§ TASK ITEM
Print the data in full, exactly as it reads.

[Stored data entries]
= = = = = = =
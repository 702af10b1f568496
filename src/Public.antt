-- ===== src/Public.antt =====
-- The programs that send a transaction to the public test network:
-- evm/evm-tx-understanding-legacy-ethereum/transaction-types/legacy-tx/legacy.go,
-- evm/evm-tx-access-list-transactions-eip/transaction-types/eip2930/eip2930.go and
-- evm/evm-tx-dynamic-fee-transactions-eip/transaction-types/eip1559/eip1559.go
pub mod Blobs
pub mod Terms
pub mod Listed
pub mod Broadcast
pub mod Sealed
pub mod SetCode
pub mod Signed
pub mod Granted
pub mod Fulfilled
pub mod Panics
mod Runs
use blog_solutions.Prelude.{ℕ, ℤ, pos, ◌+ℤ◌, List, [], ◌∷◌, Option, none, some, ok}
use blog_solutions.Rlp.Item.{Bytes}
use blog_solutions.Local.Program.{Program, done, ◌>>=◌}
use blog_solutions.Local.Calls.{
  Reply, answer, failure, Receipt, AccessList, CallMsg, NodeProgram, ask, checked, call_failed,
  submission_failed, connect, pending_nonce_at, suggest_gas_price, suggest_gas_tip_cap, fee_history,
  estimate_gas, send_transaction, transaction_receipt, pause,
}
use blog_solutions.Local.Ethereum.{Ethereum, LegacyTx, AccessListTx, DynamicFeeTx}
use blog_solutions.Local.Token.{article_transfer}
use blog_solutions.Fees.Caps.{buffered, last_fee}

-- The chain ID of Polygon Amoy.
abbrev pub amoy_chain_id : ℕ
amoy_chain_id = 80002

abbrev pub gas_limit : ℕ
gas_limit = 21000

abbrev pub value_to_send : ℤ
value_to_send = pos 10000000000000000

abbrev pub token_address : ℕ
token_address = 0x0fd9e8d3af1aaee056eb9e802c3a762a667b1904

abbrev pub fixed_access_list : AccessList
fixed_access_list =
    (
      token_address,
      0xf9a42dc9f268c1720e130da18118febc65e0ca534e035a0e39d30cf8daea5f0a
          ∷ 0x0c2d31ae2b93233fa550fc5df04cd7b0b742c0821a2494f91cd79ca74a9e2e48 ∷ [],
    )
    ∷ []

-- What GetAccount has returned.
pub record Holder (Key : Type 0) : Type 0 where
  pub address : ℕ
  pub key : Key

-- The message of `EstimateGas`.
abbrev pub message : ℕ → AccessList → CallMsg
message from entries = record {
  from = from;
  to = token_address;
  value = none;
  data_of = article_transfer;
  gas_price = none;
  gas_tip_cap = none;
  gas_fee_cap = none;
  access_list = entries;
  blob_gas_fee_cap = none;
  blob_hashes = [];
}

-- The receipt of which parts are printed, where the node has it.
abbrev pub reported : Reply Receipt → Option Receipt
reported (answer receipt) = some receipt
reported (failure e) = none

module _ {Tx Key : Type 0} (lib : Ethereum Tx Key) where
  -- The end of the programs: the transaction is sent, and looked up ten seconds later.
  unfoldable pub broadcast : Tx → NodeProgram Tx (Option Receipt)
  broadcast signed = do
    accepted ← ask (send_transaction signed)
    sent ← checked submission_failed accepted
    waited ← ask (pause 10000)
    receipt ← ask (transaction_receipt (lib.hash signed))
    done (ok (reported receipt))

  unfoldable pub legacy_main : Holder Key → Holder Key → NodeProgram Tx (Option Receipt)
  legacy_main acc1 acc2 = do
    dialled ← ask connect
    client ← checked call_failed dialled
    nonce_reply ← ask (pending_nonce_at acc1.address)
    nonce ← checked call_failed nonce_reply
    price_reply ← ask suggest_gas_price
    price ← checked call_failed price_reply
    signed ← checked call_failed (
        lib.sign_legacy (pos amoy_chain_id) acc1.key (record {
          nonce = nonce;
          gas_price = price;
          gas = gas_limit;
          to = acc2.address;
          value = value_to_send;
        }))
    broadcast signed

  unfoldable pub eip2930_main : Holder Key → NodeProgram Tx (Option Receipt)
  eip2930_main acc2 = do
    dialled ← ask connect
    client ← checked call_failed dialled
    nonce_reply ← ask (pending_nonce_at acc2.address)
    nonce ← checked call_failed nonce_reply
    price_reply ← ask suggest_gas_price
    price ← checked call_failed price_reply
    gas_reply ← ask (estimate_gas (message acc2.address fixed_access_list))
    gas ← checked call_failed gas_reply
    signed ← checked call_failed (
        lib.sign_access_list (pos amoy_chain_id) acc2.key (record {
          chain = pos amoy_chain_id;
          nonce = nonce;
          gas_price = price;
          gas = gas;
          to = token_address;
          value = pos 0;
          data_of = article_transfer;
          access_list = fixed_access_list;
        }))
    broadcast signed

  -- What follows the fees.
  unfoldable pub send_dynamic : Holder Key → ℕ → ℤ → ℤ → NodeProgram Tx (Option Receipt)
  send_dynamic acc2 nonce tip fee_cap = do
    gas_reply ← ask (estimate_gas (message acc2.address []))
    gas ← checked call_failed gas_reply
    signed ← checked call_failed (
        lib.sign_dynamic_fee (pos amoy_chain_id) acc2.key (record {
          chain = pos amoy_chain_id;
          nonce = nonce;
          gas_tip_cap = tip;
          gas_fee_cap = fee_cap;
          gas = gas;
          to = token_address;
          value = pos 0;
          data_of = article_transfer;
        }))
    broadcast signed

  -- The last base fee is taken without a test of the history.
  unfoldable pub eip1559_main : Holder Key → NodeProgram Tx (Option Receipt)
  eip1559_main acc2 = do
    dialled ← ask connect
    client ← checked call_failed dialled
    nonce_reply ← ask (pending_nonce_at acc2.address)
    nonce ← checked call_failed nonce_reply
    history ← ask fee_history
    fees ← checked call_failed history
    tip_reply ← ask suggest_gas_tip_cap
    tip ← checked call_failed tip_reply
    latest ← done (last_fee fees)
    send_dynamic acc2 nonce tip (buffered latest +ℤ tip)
= = = = = = =
§ SOLUTION TO THIS TASK
repository 702af10b1f568496
filename src/Public.antt
-- ===== src/Public.antt =====
-- The programs that send a transaction to the public test network:
-- evm/evm-tx-understanding-legacy-ethereum/transaction-types/legacy-tx/legacy.go,
-- evm/evm-tx-access-list-transactions-eip/transaction-types/eip2930/eip2930.go and
-- evm/evm-tx-dynamic-fee-transactions-eip/transaction-types/eip1559/eip1559.go
pub mod Blobs
pub mod Terms
pub mod Listed
pub mod Broadcast
pub mod Sealed
pub mod SetCode
pub mod Signed
pub mod Granted
pub mod Fulfilled
pub mod Panics
mod Runs
use blog_solutions.Prelude.{ℕ, ℤ, pos, ◌+ℤ◌, List, [], ◌∷◌, Option, none, some, ok}
use blog_solutions.Rlp.Item.{Bytes}
use blog_solutions.Local.Program.{Program, done, ◌>>=◌}
use blog_solutions.Local.Calls.{
  Reply, answer, failure, Receipt, AccessList, CallMsg, NodeProgram, ask, checked, call_failed,
  submission_failed, connect, pending_nonce_at, suggest_gas_price, suggest_gas_tip_cap, fee_history,
  estimate_gas, send_transaction, transaction_receipt, pause,
}
use blog_solutions.Local.Ethereum.{Ethereum, LegacyTx, AccessListTx, DynamicFeeTx}
use blog_solutions.Local.Token.{article_transfer}
use blog_solutions.Fees.Caps.{buffered, last_fee}

-- The chain ID of Polygon Amoy.
abbrev pub amoy_chain_id : ℕ
amoy_chain_id = 80002

abbrev pub gas_limit : ℕ
gas_limit = 21000

abbrev pub value_to_send : ℤ
value_to_send = pos 10000000000000000

abbrev pub token_address : ℕ
token_address = 0x0fd9e8d3af1aaee056eb9e802c3a762a667b1904

abbrev pub fixed_access_list : AccessList
fixed_access_list =
    (
      token_address,
      0xf9a42dc9f268c1720e130da18118febc65e0ca534e035a0e39d30cf8daea5f0a
          ∷ 0x0c2d31ae2b93233fa550fc5df04cd7b0b742c0821a2494f91cd79ca74a9e2e48 ∷ [],
    )
    ∷ []

-- What GetAccount has returned.
pub record Holder (Key : Type 0) : Type 0 where
  pub address : ℕ
  pub key : Key

-- The message of `EstimateGas`.
abbrev pub message : ℕ → AccessList → CallMsg
message from entries = record {
  from = from;
  to = token_address;
  value = none;
  data_of = article_transfer;
  gas_price = none;
  gas_tip_cap = none;
  gas_fee_cap = none;
  access_list = entries;
  blob_gas_fee_cap = none;
  blob_hashes = [];
}

-- The receipt of which parts are printed, where the node has it.
abbrev pub reported : Reply Receipt → Option Receipt
reported (answer receipt) = some receipt
reported (failure e) = none

module _ {Tx Key : Type 0} (lib : Ethereum Tx Key) where
  -- The end of the programs: the transaction is sent, and looked up ten seconds later.
  unfoldable pub broadcast : Tx → NodeProgram Tx (Option Receipt)
  broadcast signed = do
    accepted ← ask (send_transaction signed)
    sent ← checked submission_failed accepted
    waited ← ask (pause 10000)
    receipt ← ask (transaction_receipt (lib.hash signed))
    done (ok (reported receipt))

  unfoldable pub legacy_main : Holder Key → Holder Key → NodeProgram Tx (Option Receipt)
  legacy_main acc1 acc2 = do
    dialled ← ask connect
    client ← checked call_failed dialled
    nonce_reply ← ask (pending_nonce_at acc1.address)
    nonce ← checked call_failed nonce_reply
    price_reply ← ask suggest_gas_price
    price ← checked call_failed price_reply
    signed ← checked call_failed (
        lib.sign_legacy (pos amoy_chain_id) acc1.key (record {
          nonce = nonce;
          gas_price = price;
          gas = gas_limit;
          to = acc2.address;
          value = value_to_send;
        }))
    broadcast signed

  unfoldable pub eip2930_main : Holder Key → NodeProgram Tx (Option Receipt)
  eip2930_main acc2 = do
    dialled ← ask connect
    client ← checked call_failed dialled
    nonce_reply ← ask (pending_nonce_at acc2.address)
    nonce ← checked call_failed nonce_reply
    price_reply ← ask suggest_gas_price
    price ← checked call_failed price_reply
    gas_reply ← ask (estimate_gas (message acc2.address fixed_access_list))
    gas ← checked call_failed gas_reply
    signed ← checked call_failed (
        lib.sign_access_list (pos amoy_chain_id) acc2.key (record {
          chain = pos amoy_chain_id;
          nonce = nonce;
          gas_price = price;
          gas = gas;
          to = token_address;
          value = pos 0;
          data_of = article_transfer;
          access_list = fixed_access_list;
        }))
    broadcast signed

  -- What follows the fees.
  unfoldable pub send_dynamic : Holder Key → ℕ → ℤ → ℤ → NodeProgram Tx (Option Receipt)
  send_dynamic acc2 nonce tip fee_cap = do
    gas_reply ← ask (estimate_gas (message acc2.address []))
    gas ← checked call_failed gas_reply
    signed ← checked call_failed (
        lib.sign_dynamic_fee (pos amoy_chain_id) acc2.key (record {
          chain = pos amoy_chain_id;
          nonce = nonce;
          gas_tip_cap = tip;
          gas_fee_cap = fee_cap;
          gas = gas;
          to = token_address;
          value = pos 0;
          data_of = article_transfer;
        }))
    broadcast signed

  -- The last base fee is taken without a test of the history.
  unfoldable pub eip1559_main : Holder Key → NodeProgram Tx (Option Receipt)
  eip1559_main acc2 = do
    dialled ← ask connect
    client ← checked call_failed dialled
    nonce_reply ← ask (pending_nonce_at acc2.address)
    nonce ← checked call_failed nonce_reply
    history ← ask fee_history
    fees ← checked call_failed history
    tip_reply ← ask suggest_gas_tip_cap
    tip ← checked call_failed tip_reply
    latest ← done (last_fee fees)
    send_dynamic acc2 nonce tip (buffered latest +ℤ tip)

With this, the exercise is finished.